從十歲接管家族以來,公儀薰從來都沒有讓家族蒙羞失望,家族的擔子壓在她肩上,令她時刻都不敢鬆懈,現在家族遇到這麽大的困難,她仍然可以如此雲淡風輕的說一句,公儀家族,定會安然無恙。


    “青幫和中醫協會都還有些實力,閻京拿公儀小姐當朋友,也希望公儀小姐能拿閻京當朋友,需要閻京的時候,盡管開口。”閻京道。


    公儀薰這樣的人,是永遠不可能向人開口求助的,她寧可自己撐死了,也絕對不會說一個苦字,她永遠都是這樣雲淡風輕的樣子,就好像這世上是所有的東西都進不了她的眼睛。


    “好。

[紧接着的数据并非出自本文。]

-- ===== src/Loans/Checkout.antt =====
-- Checkout of a copy (`loans_create`, src/repository/loans/mutations.rs).
pub mod Guards
pub mod Effect
pub mod Invariant
use elidune_server.Prelude.{
  ℕ, ◌+◌, String, str_eq, Bool, true, false, ◌&&◌, ◌||◌, Option, none, some, List, [], ◌∷◌, ◌++◌,
  ◌==◌, ltb, if◌then◌else◌, is_some, is_none, unwrap_or, and_then,
}
use elidune_server.Prelude.Int.{ℤ, pos, ◌+ℤ◌, leb_ℤ}
use elidune_server.Prelude.Table.{select_first, count_where, update_where, delete_where}
use elidune_server.Error.{
  Result, ok, err, literal, loan_not_found, no_active_loan_for, max_total_and_media, max_total,
  max_media, max_renewals, not_found, bad_request, business_rule, database, row_not_found, ok_or,
  fail_if, Message,
}
use elidune_server.Rights.{DateTime, User}
use elidune_server.Db.{
  Db, Item, Biblio, Loan, LoanArchive, Hold, Action, pure, throw, reads, lift, modify, transaction,
  ◌>>=◌, ◌>>◌,
}
use elidune_server.Holds.{
  days, holds_notify_next_tx, eligible_borrower, holds_fulfill_active_for_user_item_tx,
  holds_cancel_active_for_item_tx,
}
use elidune_server.Loans.Settings.{
  Resolved, resolve_loan_settings, at_due_date, LoanSettingsRenewAt,
}
use elidune_server.Loans.Rows.{
  has_id, open_for_item, open_for_user, user_row, item_biblio, public_type_of, loans_get_by_id,
  is_barcode,
}
use elidune_server.Loans.Return.{loans_return}

pub record CreateLoan : Type 0 where
  pub user_id : ℕ
  pub item_id : Option ℕ
  pub item_identification : Option String
  pub force : Bool

pub record LoanCreateOutcome : Type 0 where
  pub loan_id : ℕ
  pub expiry_at : DateTime
  pub fulfilled_hold_id : Option ℕ

abbrev pub resolve_item : Option ℕ → Option String → Db → Result ℕ
resolve_item (some id) s db = ok id
resolve_item none (some s) db =
    ok_or (not_found (literal "Item not found"))
      (elim (select_first (is_barcode s) db.items) [ none ↦ none | some it ↦ some it.id ])
resolve_item none none db = err (bad_request (literal "item_id or item_identification required"))

abbrev release_found : DateTime → ℤ → Bool → Option Loan → Action Unit
release_found now ready_days force none = pure tt
release_found now ready_days true (some l) = do loans_return now ready_days l.id; pure tt
release_found now ready_days false (some l) =
    throw (business_rule (literal "Item is already borrowed"))

-- The copy may be out: an error, or with `force` a return on the spot, which is committed.
unfoldable pub release : DateTime → ℤ → Bool → ℕ → Action Unit
release now ready_days force item = do
  found ← reads (λ db. ok (select_first (open_for_item item) db.loans))
  release_found now ready_days force found

abbrev has_media : String → Option (Item × Biblio) → Bool
has_media mt none = false
has_media mt (some row) = elim (row.1).media_type [ none ↦ false | some m ↦ str_eq m mt ]

abbrev pub count_total : ℕ → Db → ℕ
count_total user db = count_where (open_for_user user) db.loans

abbrev pub count_media : ℕ → Option String → Db → ℕ
count_media user none db = 0
count_media user (some mt) db =
    count_where (λ l. open_for_user user l && has_media mt (item_biblio l.item_id db)) db.loans

abbrev limit_message : Bool → Bool → ℕ → ℤ → ℕ → ℤ → Message
limit_message true true total nb_total media nb_media =
    max_total_and_media total nb_total media nb_media
limit_message true false total nb_total media nb_media = max_total total nb_total
limit_message false m total nb_total media nb_media = max_media media nb_media

unfoldable pub check_limits : Bool → ℕ → Option String → Resolved → Db → Result Unit
check_limits force user mt rules db =
    let total = count_total user db in
    let media = count_media user mt db in
    let total_limit_reached = leb_ℤ rules.nb_max_total (pos total) in
    let media_limit_reached = leb_ℤ rules.nb_max_media (pos media) in
    fail_if ((total_limit_reached || media_limit_reached) && (if force then false else true)) (
      business_rule (
        limit_message total_limit_reached media_limit_reached total rules.nb_max_total media
          rules.nb_max_media))

abbrev is_other : ℕ → Option ℕ → Bool
is_other user none = false
is_other user (some eligible) = if eligible == user then false else true

unfoldable pub check_queue : Bool → ℕ → ℕ → Db → Result Unit
check_queue force user item db =
    fail_if ((if force then false else true) && is_other user (eligible_borrower item db.holds)) (
      business_rule (
        literal
          "This copy has an active hold for another patron — only the queued patron may borrow it, or use force=true to override"))

abbrev pub new_loan : ℕ → ℕ → ℕ → DateTime → DateTime → Loan
new_loan id user item now until = record {
  id = id;
  user_id = user;
  item_id = item;
  date = now;
  renew_at = none;
  nb_renews = some (pos 0);
  expiry_at = some until;
  notes = none;
  returned_at = none;
}

abbrev pub insert_loan : ℕ → ℕ → DateTime → DateTime → Db → Db
insert_loan user item now until db = record db {
  loans = db.loans ++ new_loan db.next_loan_id user item now until ∷ [];
  next_loan_id = db.next_loan_id + 1;
}

abbrev settle_holds : Bool → ℕ → ℕ → Action (Option ℕ)
settle_holds true user item = do holds_cancel_active_for_item_tx item; pure none
settle_holds false user item = holds_fulfill_active_for_user_item_tx user item

-- The transaction of a checkout.
unfoldable pub open_loan : DateTime → DateTime → Bool → ℕ → ℕ → Action LoanCreateOutcome
unfolding transaction holds_cancel_active_for_item_tx holds_fulfill_active_for_user_item_tx
open_loan now until force user item = transaction (do
  loan_id ← reads (λ db. ok db.next_loan_id)
  modify (insert_loan user item now until)
  fulfilled ← settle_holds force user item
  pure (record { loan_id = loan_id; expiry_at = until; fulfilled_hold_id = fulfilled }))

-- The checks of a checkout once the copy is in, and the due date.
unfoldable pub checkout_checks : DateTime → Bool → ℕ → ℕ → Action DateTime
checkout_checks now force user item = do
  row ← reads (λ db. ok_or (database row_not_found) (item_biblio item db))
  lift (
      fail_if ((if (row.0).borrowable then false else true) && (if force then false else true))
        (business_rule (literal "Item is not borrowable")))
  rules ← reads (λ db. ok (resolve_loan_settings (public_type_of user db) (row.1).media_type db))
  reads (check_limits force user (row.1).media_type rules)
  reads (check_queue force user item)
  pure (now +ℤ days rules.duration)

unfoldable pub loans_create : DateTime → ℤ → CreateLoan → Action LoanCreateOutcome
unfolding release checkout_checks open_loan
loans_create now ready_days loan = do
  item ← reads (resolve_item loan.item_id loan.item_identification)
  release now ready_days loan.force item
  until ← checkout_checks now loan.force loan.user_id item
  open_loan now until loan.force loan.user_id item
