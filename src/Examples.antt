-- ===== src/Examples.antt =====
-- A small library: two copies of one record, one of them lent, and a queue on each.
mod Desk
mod Rules
mod Office
mod Queries
mod Jobs
mod Nightly
use elidune_server.Prelude.{
  ℕ, ◌≡◌, ◌≤◌, refl, Bool, true, false, Option, none, some, List, [], ◌∷◌, arith,
}
use elidune_server.Prelude.Int.{ℤ, pos}
use elidune_server.Prelude.Table.{count_where}
use elidune_server.Rights.{User, UserStatus, active, blocked, deleted, reader}
use elidune_server.Db.{Db, Biblio, Item, Loan, Hold, HoldStatus, pending, ready}
use elidune_server.Loans.Sound.{IsSound}
use elidune_server.Loans.Checkout.{CreateLoan}

abbrev pub patron : ℕ → UserStatus → User
patron id s = record {
  id = id;
  account_type = reader;
  public_type = none;
  addr_city = none;
  status = some s;
  expiry_at = none;
  archived_at = none;
}

abbrev pub ann : User
ann = patron 1 active

abbrev pub bob : User
bob = patron 2 blocked

abbrev pub eve : User
eve = patron 3 deleted

abbrev pub novel : Biblio
novel = record { id = 7; media_type = some "b" }

abbrev pub copy_at_home : Item
copy_at_home = record { id = 10; biblio_id = some 7; barcode = some "A10"; borrowable = true }

abbrev pub copy_lent : Item
copy_lent = record { id = 11; biblio_id = some 7; barcode = some "A11"; borrowable = true }

abbrev pub loan_of_bob : Loan
loan_of_bob = record {
  id = 1;
  user_id = 2;
  item_id = 11;
  date = pos 100;
  renew_at = none;
  nb_renews = some (pos 0);
  expiry_at = some (pos 5000);
  notes = none;
  returned_at = none;
}

abbrev pub waiting : ℕ → ℕ → ℕ → ℕ → HoldStatus → Hold
waiting id user item position s = record {
  id = id;
  user_id = user;
  item_id = item;
  created_at = pos 200;
  notified_at = none;
  expires_at = none;
  status = s;
  position = position;
  notes = none;
}

abbrev pub library : Db
library = record {
  users = ann ∷ bob ∷ eve ∷ [];
  biblios = novel ∷ [];
  items = copy_at_home ∷ copy_lent ∷ [];
  loans = loan_of_bob ∷ [];
  loans_archives = [];
  holds = waiting 100 1 10 1 ready ∷ waiting 101 1 11 1 pending ∷ waiting 102 3 11 2 pending ∷ [];
  loans_settings = [];
  public_type_loan_settings = [];
  next_loan_id = 2;
}

abbrev pub request : ℕ → ℕ → Bool → CreateLoan
request user item force = record {
  user_id = user;
  item_id = some item;
  item_identification = none;
  force = force;
}

pub library-IsSound : IsSound library
library-IsSound = record {
  unique_ids = λ k. ground arith;
  fresh_ids = λ k le. ground arith;
  lent_once = λ i. ground arith;
  unique_holds = λ k. ground arith;
}
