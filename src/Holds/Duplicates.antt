-- ===== src/Holds/Duplicates.antt =====
-- No patron has two active holds on one copy, whatever calls are made in whatever order.
use elidune_server.Prelude.{
  ℕ, ◌≤◌, ◌≡◌, refl, Bool, true, false, ◌&&◌, List, [], ◌∷◌, ◌++◌, arith, Bool-cases, Option-cases,
  inl, inr,
}
use elidune_server.Prelude.Int.{ℤ, ◌+ℤ◌}
use elidune_server.Prelude.Table.{
  count_where, count_where-append, count_where-update_le, count_where-exists, exists_where,
  update_where,
}
use elidune_server.Rights.{DateTime}
use elidune_server.Db.{Db, Hold, HoldStatus, cancelled, fulfilled, expired}
use elidune_server.Holds.{
  CreateHold, active_for, has_id, is_active, is_pending, is_overdue, pending_on, active_on,
  set_status, set_ready, days, place_hold, cancel, holds_mark_ready, holds_fulfill,
  holds_expire_overdue, holds_notify_next_tx, holds_fulfill_active_for_user_item_tx,
  holds_cancel_active_for_item_tx, first_by_position, new_hold, next_position,
}

-- The calls that write the table, with their arguments.
pub data Call : Type 0 where
  place : ℕ → DateTime → CreateHold → Call
  cancel_hold : ℕ → ℕ → Bool → Call
  mark_ready : DateTime → ℤ → ℕ → Call
  fulfill : ℕ → Call
  expire_overdue : DateTime → Call
  notify_next : DateTime → ℤ → ℕ → Call
  fulfill_active : ℕ → ℕ → Call
  cancel_active : ℕ → Call

unfoldable pub step : Call → Db → Db
step (place id now d) db = (place_hold id now d db).1
step (cancel_hold id user manages) db = (cancel id user manages db).1
step (mark_ready now expiry_days id) db = (holds_mark_ready now expiry_days id db).1
step (fulfill id) db = (holds_fulfill id db).1
step (expire_overdue now) db = (holds_expire_overdue now db).1
step (notify_next now expiry_days item) db = (holds_notify_next_tx now expiry_days item db).1
step (fulfill_active user item) db = (holds_fulfill_active_for_user_item_tx user item db).1
step (cancel_active item) db = (holds_cancel_active_for_item_tx item db).1

pub run : List Call → Db → Db
unfolding step
run [] db = db
run (c ∷ cs) db = run cs (step c db)

-- At most one active hold for each patron and copy.
abbrev pub NoDuplicates : List Hold → Type 0
NoDuplicates hs = (user item : ℕ) → count_where (active_for user item) hs ≤ 1

-- An update that opens no hold again.
pub record OpensNone (p : Hold → Bool) (f : Hold → Hold) : Type 0 where
  pub keeps : (h : Hold) → p h ≡ true → is_active (f h).status ≡ true → is_active h.status ≡ true
  pub same_user : (h : Hold) → (f h).user_id ≡ h.user_id
  pub same_item : (h : Hold) → (f h).item_id ≡ h.item_id

pub update-NoDuplicates :
    (p : Hold → Bool) (f : Hold → Hold) (hs : List Hold)
    → OpensNone p f
    → NoDuplicates hs
    → NoDuplicates (update_where p f hs)
update-NoDuplicates p f hs o n user item = omega (
  arith,
  n user item,
  count_where-update_le (active_for user item) p f hs
      (λ h ph a. ground (arith, o.keeps h ph, o.same_user h, o.same_item h)),
)

closing : (p : Hold → Bool) (s : HoldStatus) → is_active s ≡ false → OpensNone p (set_status s)
closing p s e = record { keeps = λ h ph a. cc; same_user = λ h. refl; same_item = λ h. refl }

readying :
    (p : Hold → Bool) (now until : DateTime)
    → ((h : Hold) → p h ≡ true → is_active h.status ≡ true)
    → OpensNone p (set_ready now until)
readying p now until e = record {
  keeps = λ h ph a. e h ph;
  same_user = λ h. refl;
  same_item = λ h. refl;
}

mark_ready-NoDuplicates :
    (now : DateTime) (expiry_days : ℤ) (id : ℕ) (db : Db)
    → NoDuplicates db.holds
    → NoDuplicates (holds_mark_ready now expiry_days id db).1.holds
unfolding holds_mark_ready
mark_ready-NoDuplicates now expiry_days id db n =
    update-NoDuplicates (λ h. has_id id h && is_pending h.status)
      (set_ready now (now +ℤ days expiry_days)) db.holds (readying _ now _ (λ h e. ground arith)) n

notify-NoDuplicates :
    (now : DateTime) (expiry_days : ℤ) (item : ℕ) (db : Db)
    → NoDuplicates db.holds
    → NoDuplicates (holds_notify_next_tx now expiry_days item db).1.holds
unfolding holds_notify_next_tx
notify-NoDuplicates now expiry_days item db n user item' =
    elim (Option-cases (first_by_position (pending_on item) db.holds)) [
      | inl nothing ↦ ground (arith, n user item')
      | inr (r, found) ↦
          ground (arith, mark_ready-NoDuplicates now expiry_days r.id db n user item')
    ]

append-NoDuplicates :
    (h : Hold) (hs : List Hold)
    → count_where (active_for h.user_id h.item_id) hs ≡ 0
    → NoDuplicates hs
    → NoDuplicates (hs ++ h ∷ [])
append-NoDuplicates h hs free n user item = elim (Bool-cases (active_for user item h)) [
  | inl same ↦
      let u : h.user_id ≡ user = ground arith in
      let i : h.item_id ≡ item = ground arith in
      rw (count_where-append (active_for user item) hs (h ∷ []), ← u, ← i, free) (ground arith)
  | inr other ↦
      rw (count_where-append (active_for user item) hs (h ∷ []), other) (omega (arith, n user item))
]

place-NoDuplicates :
    (id : ℕ) (now : DateTime) (d : CreateHold) (db : Db)
    → NoDuplicates db.holds
    → NoDuplicates (place_hold id now d db).1.holds
unfolding place_hold
place-NoDuplicates id now d db n user item =
    elim (Bool-cases (exists_where (active_for d.user_id d.item_id) db.holds)) [
      | inl duplicate ↦ ground (arith, n user item)
      | inr free ↦
          let position = next_position d.item_id db.holds in
          ground (
            arith,
            n user item,
            append-NoDuplicates (new_hold id now d position) db.holds
                (count_where-exists (active_for d.user_id d.item_id) db.holds free) n user item,
          )
    ]

cancel-NoDuplicates :
    (id user : ℕ) (manages : Bool) (db : Db)
    → NoDuplicates db.holds
    → NoDuplicates (cancel id user manages db).1.holds
unfolding cancel
cancel-NoDuplicates id user manages db n user' item = ground (
  arith,
  n user' item,
  update-NoDuplicates (has_id id) (set_status cancelled) db.holds
      (closing (has_id id) cancelled refl) n user' item,
)

-- Every call keeps the invariant, also when it fails.
pub step-NoDuplicates :
    (c : Call) (db : Db) → NoDuplicates db.holds → NoDuplicates (step c db).holds
unfolding step holds_fulfill holds_expire_overdue holds_fulfill_active_for_user_item_tx
    holds_cancel_active_for_item_tx
step-NoDuplicates (place id now d) db n = place-NoDuplicates id now d db n
step-NoDuplicates (cancel_hold id user manages) db n = cancel-NoDuplicates id user manages db n
step-NoDuplicates (mark_ready now expiry_days id) db n =
    mark_ready-NoDuplicates now expiry_days id db n
step-NoDuplicates (fulfill id) db n =
    update-NoDuplicates (has_id id) (set_status fulfilled) db.holds (closing _ fulfilled refl) n
step-NoDuplicates (expire_overdue now) db n =
    update-NoDuplicates (is_overdue now) (set_status expired) db.holds (closing _ expired refl) n
step-NoDuplicates (notify_next now expiry_days item) db n =
    notify-NoDuplicates now expiry_days item db n
step-NoDuplicates (fulfill_active user item) db n =
    update-NoDuplicates (active_for user item) (set_status fulfilled) db.holds
      (closing _ fulfilled refl) n
step-NoDuplicates (cancel_active item) db n =
    update-NoDuplicates (active_on item) (set_status cancelled) db.holds (closing _ cancelled refl)
      n

-- From a table in which no patron has two active holds on one copy, no sequence of calls, failed
-- ones included, leads to one in which a patron has.
pub run-NoDuplicates :
    (cs : List Call) (db : Db) → NoDuplicates db.holds → NoDuplicates (run cs db).holds
unfolding run
run-NoDuplicates [] db n = n
run-NoDuplicates (c ∷ cs) db n = run-NoDuplicates cs (step c db) (step-NoDuplicates c db n)
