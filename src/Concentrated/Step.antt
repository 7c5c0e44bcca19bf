-- ===== src/Concentrated/Step.antt =====
-- liquidity_pool_concentrated/src/contract/internal.rs: one step of a swap, between two prices.
pub mod Amounts
pub mod Input
use soroban_amm.Prelude.{
  ℕ, ◌-◌, Bool, true, false, Option, none, some, ltb, leb, ◌==◌, if◌then◌else◌,
}
use soroban_amm.Host.{Math, Result, ok, ◌>>=◌, sub_checked}
use soroban_amm.Concentrated.Math.{
  mul_div_u128, amount0_delta, amount1_delta, try_amount0_delta, try_amount1_delta,
  get_next_sqrt_price_from_input, get_next_sqrt_price_from_output,
}

abbrev pub fee_denominator : ℕ
fee_denominator = 10000

pub record SwapStep : Type 0 where
  pub sqrt_next : ℕ
  pub amount_in : ℕ
  pub amount_out : ℕ
  pub fee_amount : ℕ

-- `target.map_or(false, |a| remaining >= a)`
unfoldable pub reaches : Option ℕ → ℕ → Bool
reaches none remaining = false
reaches (some a) remaining = leb a remaining

-- The price that was computed, not beyond the target.
unfoldable pub clamped : Bool → ℕ → ℕ → ℕ
clamped true computed target = if ltb computed target then target else computed
clamped false computed target = if ltb target computed then target else computed

module _ ⦃m : Math⦄ where
  -- What goes in between the current price and the next, rounded up.
  unfoldable pub amount_in_to : Bool → ℕ → ℕ → ℕ → Result ℕ
  amount_in_to true sqrt_current sqrt_next liquidity =
      amount0_delta sqrt_next sqrt_current liquidity true
  amount_in_to false sqrt_current sqrt_next liquidity =
      amount1_delta sqrt_current sqrt_next liquidity true

  -- What comes out, rounded down.
  unfoldable pub amount_out_to : Bool → ℕ → ℕ → ℕ → Result ℕ
  amount_out_to true sqrt_current sqrt_next liquidity =
      amount1_delta sqrt_next sqrt_current liquidity false
  amount_out_to false sqrt_current sqrt_next liquidity =
      amount0_delta sqrt_current sqrt_next liquidity false

  -- What the target needs of the input, and of the output.
  unfoldable pub try_amount_in_to : Bool → ℕ → ℕ → ℕ → Result (Option ℕ)
  try_amount_in_to true sqrt_current sqrt_target liquidity =
      try_amount0_delta sqrt_target sqrt_current liquidity true
  try_amount_in_to false sqrt_current sqrt_target liquidity =
      try_amount1_delta sqrt_current sqrt_target liquidity true

  unfoldable pub try_amount_out_to : Bool → ℕ → ℕ → ℕ → Result (Option ℕ)
  try_amount_out_to true sqrt_current sqrt_target liquidity =
      try_amount1_delta sqrt_target sqrt_current liquidity false
  try_amount_out_to false sqrt_current sqrt_target liquidity =
      try_amount0_delta sqrt_current sqrt_target liquidity false

  -- The next price: the target where the remaining amount reaches it. First with an exact input,
  -- then with an exact output.
  unfoldable pub price_towards_in : Bool → ℕ → ℕ → ℕ → ℕ → Option ℕ → Result ℕ
  price_towards_in zero_for_one sqrt_current sqrt_target liquidity remaining to_target =
      elim (reaches to_target remaining) [
        | true ↦ ok sqrt_target
        | false ↦ do
          computed ← get_next_sqrt_price_from_input sqrt_current liquidity remaining zero_for_one
          ok (clamped zero_for_one computed sqrt_target)
      ]

  unfoldable pub next_price_in : Bool → ℕ → ℕ → ℕ → ℕ → Result ℕ
  next_price_in zero_for_one sqrt_current sqrt_target liquidity remaining = do
    to_target ← try_amount_in_to zero_for_one sqrt_current sqrt_target liquidity
    price_towards_in zero_for_one sqrt_current sqrt_target liquidity remaining to_target

  unfoldable pub price_towards_out : Bool → ℕ → ℕ → ℕ → ℕ → Option ℕ → Result ℕ
  price_towards_out zero_for_one sqrt_current sqrt_target liquidity remaining to_target =
      elim (reaches to_target remaining) [
        | true ↦ ok sqrt_target
        | false ↦ do
          computed ← get_next_sqrt_price_from_output sqrt_current liquidity remaining zero_for_one
          ok (clamped zero_for_one computed sqrt_target)
      ]

  unfoldable pub next_price_out : Bool → ℕ → ℕ → ℕ → ℕ → Result ℕ
  next_price_out zero_for_one sqrt_current sqrt_target liquidity remaining = do
    to_target ← try_amount_out_to zero_for_one sqrt_current sqrt_target liquidity
    price_towards_out zero_for_one sqrt_current sqrt_target liquidity remaining to_target

  -- The fee of a step with an exact input: all that is left where the target is not reached.
  unfoldable pub fee_in : Bool → ℕ → ℕ → ℕ → ℕ → Result ℕ
  fee_in true amount_remaining amount_in fee fee_complement =
      mul_div_u128 amount_in fee fee_complement true
  fee_in false amount_remaining amount_in fee fee_complement = ok (amount_remaining - amount_in)

  -- `compute_swap_step` with an exact input.
  unfoldable pub step_in : Bool → ℕ → ℕ → ℕ → ℕ → ℕ → Result SwapStep
  step_in zero_for_one sqrt_current sqrt_target liquidity amount_remaining fee = do
    fee_complement ← sub_checked fee_denominator fee
    less_fee ← mul_div_u128 amount_remaining fee_complement fee_denominator false
    sqrt_next ← next_price_in zero_for_one sqrt_current sqrt_target liquidity less_fee
    amount_in ← amount_in_to zero_for_one sqrt_current sqrt_next liquidity
    amount_out ← amount_out_to zero_for_one sqrt_current sqrt_next liquidity
    fee_amount ← fee_in (sqrt_next == sqrt_target) amount_remaining amount_in fee fee_complement
    ok (record {
      sqrt_next = sqrt_next;
      amount_in = amount_in;
      amount_out = amount_out;
      fee_amount = fee_amount;
    })

  -- With an exact output.
  unfoldable pub step_out : Bool → ℕ → ℕ → ℕ → ℕ → ℕ → Result SwapStep
  step_out zero_for_one sqrt_current sqrt_target liquidity amount_remaining fee = do
    fee_complement ← sub_checked fee_denominator fee
    sqrt_next ← next_price_out zero_for_one sqrt_current sqrt_target liquidity amount_remaining
    amount_in ← amount_in_to zero_for_one sqrt_current sqrt_next liquidity
    amount_out ← amount_out_to zero_for_one sqrt_current sqrt_next liquidity
    fee_amount ← mul_div_u128 amount_in fee fee_complement true
    ok (record {
      sqrt_next = sqrt_next;
      amount_in = amount_in;
      amount_out = if ltb amount_remaining amount_out then amount_remaining else amount_out;
      fee_amount = fee_amount;
    })

  unfoldable pub compute_swap_step : ℕ → ℕ → ℕ → ℕ → ℕ → Bool → Bool → Result SwapStep
  compute_swap_step sqrt_current sqrt_target liquidity amount_remaining fee_pips zero_for_one
        exact_input =
      elim (liquidity == 0) [
        | true ↦
            ok (record { sqrt_next = sqrt_target; amount_in = 0; amount_out = 0; fee_amount = 0 })
        | false ↦
            if exact_input
            then step_in zero_for_one sqrt_current sqrt_target liquidity amount_remaining fee_pips
            else step_out zero_for_one sqrt_current sqrt_target liquidity amount_remaining fee_pips
      ]
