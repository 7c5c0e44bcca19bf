-- ===== src/Stableswap/State.antt =====
-- liquidity_pool_stableswap/src/storage.rs and normalize.rs: what an initialized pool stores, and its
-- amounts at one precision.
use soroban_amm.Prelude.{
  ℕ, zero, suc, ◌*◌, ◌^◌, Bool, Option, some, none, List, [], ◌∷◌, ltb, if◌then◌else◌,
}
use soroban_amm.Host.{Address, Result, ok, err, ◌>>=◌, host, trap, fit, div_checked}
use soroban_amm.Access.Store.{Access}

-- `DataKey`, with `total_shares` and `token_share` of token_share/src/lib.rs. `Precision` and
-- `PrecisionMul` only keep a function of the decimals, which are set once; the protocol's fees are
-- zeros until they are set.
pub record Stable : Type 0 where
  pub access : Access
  pub tokens : List Address
  pub decimals : List ℕ
  pub token_share : Address
  pub total_shares : ℕ
  pub reserves : List ℕ
  pub initial_a : ℕ
  pub initial_a_time : ℕ
  pub future_a : ℕ
  pub future_a_time : ℕ
  pub fee : ℕ
  pub future_fee : Option ℕ
  pub admin_actions_deadline : ℕ
  pub is_killed_swap : Bool
  pub is_killed_deposit : Bool
  pub is_killed_claim : Bool
  pub protocol_fee_fraction : ℕ
  pub protocol_fees : List ℕ
  pub reserves_sync_ledger : ℕ

abbrev pub fee_denominator : ℕ
fee_denominator = 10000

-- `vec.get(i).unwrap()`
unfoldable pub get {ℓ} : {A : Type ℓ} → List A → ℕ → Result A
get [] i = err (host trap)
get (x ∷ xs) zero = ok x
get (x ∷ xs) (suc i) = get xs i

-- `vec.set(i, value)`, which traps out of bounds.
unfoldable pub set {ℓ} : {A : Type ℓ} → List A → ℕ → A → Result (List A)
set [] i v = err (host trap)
set (x ∷ xs) zero v = ok (v ∷ xs)
set (x ∷ xs) (suc i) v = do rest ← set xs i v; ok (x ∷ rest)

-- `decimals.iter().max()`
unfoldable pub max_of : List ℕ → Option ℕ
max_of [] = none
max_of (d ∷ ds) = elim (max_of ds) [ none ↦ some d | some e ↦ some (if ltb d e then e else d) ]

unfoldable pub get_precision : List ℕ → Result ℕ
unfolding max_of
get_precision decimals = elim (max_of decimals) [
  | none ↦ err (host trap)
  | some max_decimals ↦ fit 128 (10 ^ max_decimals)
]

-- The loop of `get_precision_mul`.
unfoldable pub scale_all : ℕ → List ℕ → Result (List ℕ)
scale_all precision [] = ok []
scale_all precision (d ∷ ds) = do
  unit ← fit 128 (10 ^ d)
  scale ← div_checked precision unit
  rest ← scale_all precision ds
  ok (scale ∷ rest)

unfoldable pub get_precision_mul : List ℕ → Result (List ℕ)
unfolding get_precision scale_all
get_precision_mul decimals = do precision ← get_precision decimals; scale_all precision decimals

-- The loop of `xp`: each reserve times its scale; a missing reserve traps.
unfoldable pub multiply_all : List ℕ → List ℕ → Result (List ℕ)
multiply_all [] reserves = ok []
multiply_all (scale ∷ scales) [] = err (host trap)
multiply_all (scale ∷ scales) (reserve ∷ reserves) = do
  x ← fit 128 (scale * reserve)
  rest ← multiply_all scales reserves
  ok (x ∷ rest)

unfoldable pub xp : Stable → List ℕ → Result (List ℕ)
unfolding get_precision_mul multiply_all
xp p reserves = do scales ← get_precision_mul p.decimals; multiply_all scales reserves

”公儀薰道。


    “這裏有岸少爺在,公儀小姐不用擔心了,我和阿潯就先迴去了。”閻京道。


    公儀薰點了點頭,閻京和白潯便離開了懷仁醫院,公儀薰站在走廊裏看著眼睛和白潯的背影,有什麽不知名的東西從她心底流過,可她很清楚,閻京並不屬於自己。


    她就是這樣,永遠都活得這樣清醒。


    閻京和白潯從懷仁醫院出來,就直接迴了家,此時已經將近淩晨五點,兩人累得夠嗆,倒下就睡著了。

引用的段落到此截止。